From: "Heikki Linnakangas" <heikki(at)enterprisedb(dot)com>
To: Jan Urbański <j(dot)urbanski(at)students(dot)mimuw(dot)edu(dot)pl>
Cc: "Postgres - Hackers" <pgsql-hackers(at)postgresql(dot)org>
Subject: Re: gsoc, oprrest function for text search take 2
Date: 2008-08-11 08:40:40
Message-ID: 489FFB08.6050709@enterprisedb.com
Views: Raw Message | Whole Thread | Download mbox | Resend email
Thread:
Lists: pgsql-hackers

Jan Urbański wrote:
> Heikki Linnakangas wrote:
>> Jan Urbański wrote:
>>> Another thing are cstring_to_text_with_len calls. I'm doing them so I
>>> can use bttextcmp in bsearch().
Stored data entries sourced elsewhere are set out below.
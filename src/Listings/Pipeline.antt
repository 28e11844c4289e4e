-- ===== src/Listings/Pipeline.antt =====
-- The pipeline of `SearchListings` on a cache miss:
-- src/listings/application/use_cases/search_listings.py. `strip` is Python's, and the extractor, the
-- embedder, the vector index and the repository's failures are parameters.
use Prim.Native.String.{◌++◌}
use estate_os_service.Base.{
  ℕ, Uuid, String, Bool, true, Option, none, some, List, [], ◌∷◌, ◌==◌, leb, or_else, length, take,
  drop, str_eq, if◌then◌else◌,
}
use estate_os_service.Listings.Model.{
  PropertyListing, PropertyFilters, Typology, house, apartment, land, ruin,
}
use estate_os_service.Listings.Store.{Rows, list_by_ids}
use estate_os_service.Listings.Cursor.{Codec}
use estate_os_service.Listings.Pages.{CachedPage}
use estate_os_service.Listings.Search.{
  LocationFilter, ParsedQuery, list_ids_for_search, partition_and_rank, relational_fallback,
  VectorQuery, run_vector_query, CachedSearchResult, next_search_token, page_from_cache, ids_of,
  is_asked,
}

abbrev pub append : List String → List String → List String
append [] ys = ys
append (x ∷ xs) ys = x ∷ append xs ys

-- `sep.join(parts)`
abbrev pub join_texts : String → List String → String
join_texts sep [] = ""
join_texts sep (x ∷ []) = x
join_texts sep (x ∷ y ∷ ys) = x ++ sep ++ join_texts sep (y ∷ ys)

abbrev pub typology_value : Typology → String
typology_value house = "house"
typology_value apartment = "apartment"
typology_value land = "land"
typology_value ruin = "ruin"

abbrev pub typology_part : Option Typology → List String
typology_part none = []
typology_part (some t) = ("TYPOLOGY: " ++ typology_value t) ∷ []

-- "if n: …" of an optional number, where 0 counts as missing
abbrev pub count_part : (ℕ → String) → Option ℕ → List String
count_part label none = []
count_part label (some n) = if n == 0 then [] else label n ∷ []

abbrev pub area_part : (ℕ → String) → Option ℕ → Option ℕ → List String
area_part int_text none none = []
area_part int_text (some a) (some b) = (int_text a ++ "-" ++ int_text b ++ "m²") ∷ []
area_part int_text (some a) none = ("≥" ++ int_text a ++ "m²") ∷ []
area_part int_text none (some b) = ("≤" ++ int_text b ++ "m²") ∷ []

abbrev pub feature : Option Bool → String → List String
feature asked name = if is_asked asked then name ∷ [] else []

abbrev pub section : String → List String → List String
section title [] = []
section title (x ∷ xs) = (title ++ join_texts ", " (x ∷ xs)) ∷ []

abbrev pub description_part : String → List String
description_part stripped = if str_eq stripped "" then [] else ("DESCRIPTION: " ++ stripped) ∷ []

-- `_render_query_for_embed`
unfoldable pub render_query_for_embed : (ℕ → String) → (String → String) → ParsedQuery → String
render_query_for_embed int_text strip parsed = join_texts "\n" (
    append (typology_part parsed.typology) (
      append
        (section "CHARACTERISTICS: " (
          append (count_part (λ n. "T" ++ int_text n) parsed.min_bedrooms) (
            append (area_part int_text parsed.min_area_m2 parsed.max_area_m2)
              (count_part (λ n. int_text n ++ " casas de banho") parsed.min_bathrooms))))
        (append
          (section "FEATURES: " (
            append (feature parsed.has_pool "piscina") (
              append (feature parsed.has_garden "jardim") (
                append (feature parsed.has_elevator "elevador")
                  (feature parsed.has_parking "garagem")))))
          (append (section "NEARBY: " parsed.nearby_pois)
            (description_part (strip parsed.free_text_remainder))))))

-- `ParsedQuery(free_text_remainder=query)`
abbrev pub unparsed : String → ParsedQuery
unparsed query = record {
  free_text_remainder = query;
  typology = none;
  min_bedrooms = none;
  min_bathrooms = none;
  min_area_m2 = none;
  max_area_m2 = none;
  min_price = none;
  max_price = none;
  has_pool = none;
  has_garden = none;
  has_elevator = none;
  has_parking = none;
  nearby_pois = [];
}

-- The ports and the settings of the use case; none is a call that raises.
pub record Ports (Vector : Type 0) : Type 0 where
  pub extract : String → Option ParsedQuery
  pub embed : String → Option Vector
  pub query : VectorQuery Vector
  pub prefilter_fails : Bool
  pub strip : String → String
  pub int_text : ℕ → String
  pub top_k : ℕ
  pub max_candidates : ℕ
  pub overshoot : ℕ

abbrev pub embed_text : {Vector : Type 0} → Ports Vector → String → ParsedQuery → String
embed_text p query parsed =
    let rendered = render_query_for_embed p.int_text p.strip parsed in
    if str_eq (p.strip rendered) "" then "DESCRIPTION: " ++ query else rendered

-- The pre-filter's ids, and whether there may be more.
abbrev pub candidates_of :
    {Vector : Type 0}
    → Ports Vector
    → LocationFilter
    → PropertyFilters
    → ParsedQuery
    → Rows
    → List Uuid × Bool
candidates_of p location filters parsed rows =
    if p.prefilter_fails
    then ([], true)
    else (let ids = list_ids_for_search location filters parsed p.max_candidates rows in
        (ids, leb p.max_candidates (length ids)))

abbrev pub rank_matches :
    ParsedQuery → Option (List Uuid) → List Uuid → ℕ → Rows → List PropertyListing
rank_matches parsed none candidates top_k rows = relational_fallback parsed candidates top_k rows
rank_matches parsed (some []) candidates top_k rows = []
rank_matches parsed (some (m ∷ ms)) candidates top_k rows =
    partition_and_rank parsed (m ∷ ms) (list_by_ids (m ∷ ms) rows)

abbrev pub rank_vector :
    {Vector : Type 0}
    → Ports Vector
    → ParsedQuery
    → Option Vector
    → List Uuid × Bool
    → Rows
    → List PropertyListing
rank_vector p parsed none (candidates, saturated) rows =
    relational_fallback parsed candidates p.top_k rows
rank_vector p parsed (some v) (candidates, saturated) rows =
    rank_matches parsed (run_vector_query p.query v candidates saturated p.top_k p.overshoot)
      candidates p.top_k rows

-- `_compute_ranked`
unfoldable pub compute_ranked :
    {Vector : Type 0}
    → Ports Vector
    → String
    → LocationFilter
    → PropertyFilters
    → Rows
    → ParsedQuery × List PropertyListing
compute_ranked p query location filters rows =
    let parsed = or_else (p.extract query) (unparsed query) in
    (
      parsed,
      rank_vector p parsed (p.embed (embed_text p query parsed))
          (candidates_of p location filters parsed rows) rows,
    )

-- `SearchListings.execute`, by what the search cache answers: the page, the parsed query, and what the
-- call stores in the cache.
unfoldable pub search_listings :
    {Vector Token : Type 0}
    → Ports Vector
    → Codec Token
    → String
    → String
    → LocationFilter
    → PropertyFilters
    → ℕ
    → ℕ
    → Option CachedSearchResult
    → Rows
    → CachedPage Token × ParsedQuery × Option CachedSearchResult
search_listings p codec fp q location filters offset limit (some hit) rows =
    (page_from_cache codec fp offset limit hit rows, hit.parsed, none)
search_listings p codec fp q location filters offset limit none rows =
    let (parsed, ordered) = compute_ranked p q location filters rows in
    (
      record {
        items = take limit (drop offset ordered);
        next_cursor = next_search_token codec fp offset limit (ids_of ordered);
      },
      parsed,
      some (record { parsed = parsed; ranked_ids = ids_of ordered }),
    )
I think I could come up with a
>>> dedicated function to return text Datums and WordEntries (read:
>>> non-NULL terminated strings with a given length).
>>
>> Just keep them as cstrings and use strcmp. We're only keeping the
>> array sorted so that we can binary search it, so we don't need proper
>> locale-dependent collation. Note that we already assume that two
>> strings ('text's) are equal if and only if their binary
>> representations are equal (texteq() uses strcmp).
>
> OK, I got rid of cstring->text calls and memory contexts as I went
> through it. The only tiny ugliness is that there's one function used for
> qsort() and another for bsearch(), because I'm sorting an array of texts
> (from pg_statistic) and I'm binary searching for a lexeme (non-NULL
> terminated string with length).

It would be nice to clean that up a bit. I think you could convert the
lexeme to a TextFreq, or make the TextFreq.element a "text *" instead of
Datum (ie., detoast it with PG_DETOAST_DATUM while you build the array
for qsort).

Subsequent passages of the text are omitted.